▶ DIRECTIONS FOR THIS TASK
Filter the lines below, copying only those with the string "some".
*** PROVIDED MATERIAL ***
-- ===== src/Codec/Read.antt =====
-- Reading fixed-width numbers and length-prefixed bytes back off the front of a byte list.
use native.Mathlib.Nat.{pow-suc}
use cairn_wallet.Base.{
  ℕ, zero, suc, ◌+◌, ◌*◌, ◌/◌, ◌^◌, ◌<◌, ◌≡◌, refl, ap, Option, none, some, [], ◌∷◌, ◌++◌,
  append_assoc, length, arith,
}
use cairn_wallet.Base.Maybe.{◌>>=◌}
use cairn_wallet.Codec.{Bytes, le_bytes, len_bytes}

pub read : ℕ → Bytes → Option (Bytes × Bytes)
read zero b = some ([], b)
read (suc n) [] = none
read (suc n) (x ∷ b) = read n b >>= λ p. some (x ∷ p.0, p.1)

pub read-append : (b r : Bytes) → read (length b) (b ++ r) ≡ some (b, r)
unfolding read
read-append [] r = refl
read-append (x ∷ b) r = rw (read-append b r)

pub le_value : Bytes → ℕ
le_value [] = 0
le_value (x ∷ b) = x + 256 * le_value b

length-le_bytes : (k n : ℕ) → length (le_bytes k n) ≡ k
unfolding le_bytes
length-le_bytes zero n = refl
length-le_bytes (suc k) n = ap suc (length-le_bytes k (n / 256))

le_value-le_bytes : (k n : ℕ) → n < 256 ^ k → le_value (le_bytes k n) ≡ n
unfolding le_bytes le_value
le_value-le_bytes zero n h = omega arith
le_value-le_bytes (suc k) n h =
    let h' : n < 256 ^ k * 256 = rw pow-suc at h in
    omega (arith, le_value-le_bytes k (n / 256) (omega arith))

pub read_le : ℕ → Bytes → Option (ℕ × Bytes)
read_le k b = read k b >>= λ p. some (le_value p.0, p.1)

pub read_le-append :
    (k n : ℕ) (r : Bytes) → n < 256 ^ k → read_le k (le_bytes k n ++ r) ≡ some (n, r)
unfolding read_le
read_le-append k n r h =
    let e : read k (le_bytes k n ++ r) ≡ some (le_bytes k n, r) =
      rw length-le_bytes at (read-append (le_bytes k n) r) in
    rw (e, le_value-le_bytes k n h)

pub read_prefixed : Bytes → Option (Bytes × Bytes)
read_prefixed b = read_le 8 b >>= λ p. read p.0 p.1

pub read_prefixed-append :
    (b r : Bytes) → length b < 2 ^ 64 → read_prefixed (len_bytes b ++ r) ≡ some (b, r)
unfolding read_prefixed len_bytes
read_prefixed-append b r h =
    rw (append_assoc (le_bytes 8 (length b)) b r, read_le-append 8 (length b) (b ++ r) h)
      (read-append b r)

-- The same where more of one value follows the field: the shape in which an encoder's parts stand.
pub read_le-front :
    (k n : ℕ) (s r : Bytes) → n < 256 ^ k → read_le k ((le_bytes k n ++ s) ++ r) ≡ some (n, s ++ r)
read_le-front k n s r h = rw (append_assoc (le_bytes k n) s r) (read_le-append k n (s ++ r) h)

pub read-width : (n : ℕ) (b r : Bytes) → length b ≡ n → read n (b ++ r) ≡ some (b, r)
read-width n b r h = rw h at (read-append b r)

pub read-front : (n : ℕ) (b s r : Bytes) → length b ≡ n → read n ((b ++ s) ++ r) ≡ some (b, s ++ r)
read-front n b s r h = rw (append_assoc b s r) (read-width n b (s ++ r) h)

pub read_prefixed-front :
    (b s r : Bytes) → length b < 2 ^ 64 → read_prefixed ((len_bytes b ++ s) ++ r) ≡ some (b, s ++ r)
read_prefixed-front b s r h =
    rw (append_assoc (len_bytes b) s r) (read_prefixed-append b (s ++ r) h)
*** End of PROVIDED MATERIAL ***
▶ SOLUTION TO THIS TASK
  ℕ, zero, suc, ◌+◌, ◌*◌, ◌/◌, ◌^◌, ◌<◌, ◌≡◌, refl, ap, Option, none, some, [], ◌∷◌, ◌++◌,
read zero b = some ([], b)
read (suc n) (x ∷ b) = read n b >>= λ p. some (x ∷ p.0, p.1)
pub read-append : (b r : Bytes) → read (length b) (b ++ r) ≡ some (b, r)
read_le k b = read k b >>= λ p. some (le_value p.0, p.1)
    (k n : ℕ) (r : Bytes) → n < 256 ^ k → read_le k (le_bytes k n ++ r) ≡ some (n, r)
    let e : read k (le_bytes k n ++ r) ≡ some (le_bytes k n, r) =
    (b r : Bytes) → length b < 2 ^ 64 → read_prefixed (len_bytes b ++ r) ≡ some (b, r)
    (k n : ℕ) (s r : Bytes) → n < 256 ^ k → read_le k ((le_bytes k n ++ s) ++ r) ≡ some (n, s ++ r)
pub read-width : (n : ℕ) (b r : Bytes) → length b ≡ n → read n (b ++ r) ≡ some (b, r)
pub read-front : (n : ℕ) (b s r : Bytes) → length b ≡ n → read n ((b ++ s) ++ r) ≡ some (b, s ++ r)
    (b s r : Bytes) → length b < 2 ^ 64 → read_prefixed ((len_bytes b ++ s) ++ r) ≡ some (b, s ++ r)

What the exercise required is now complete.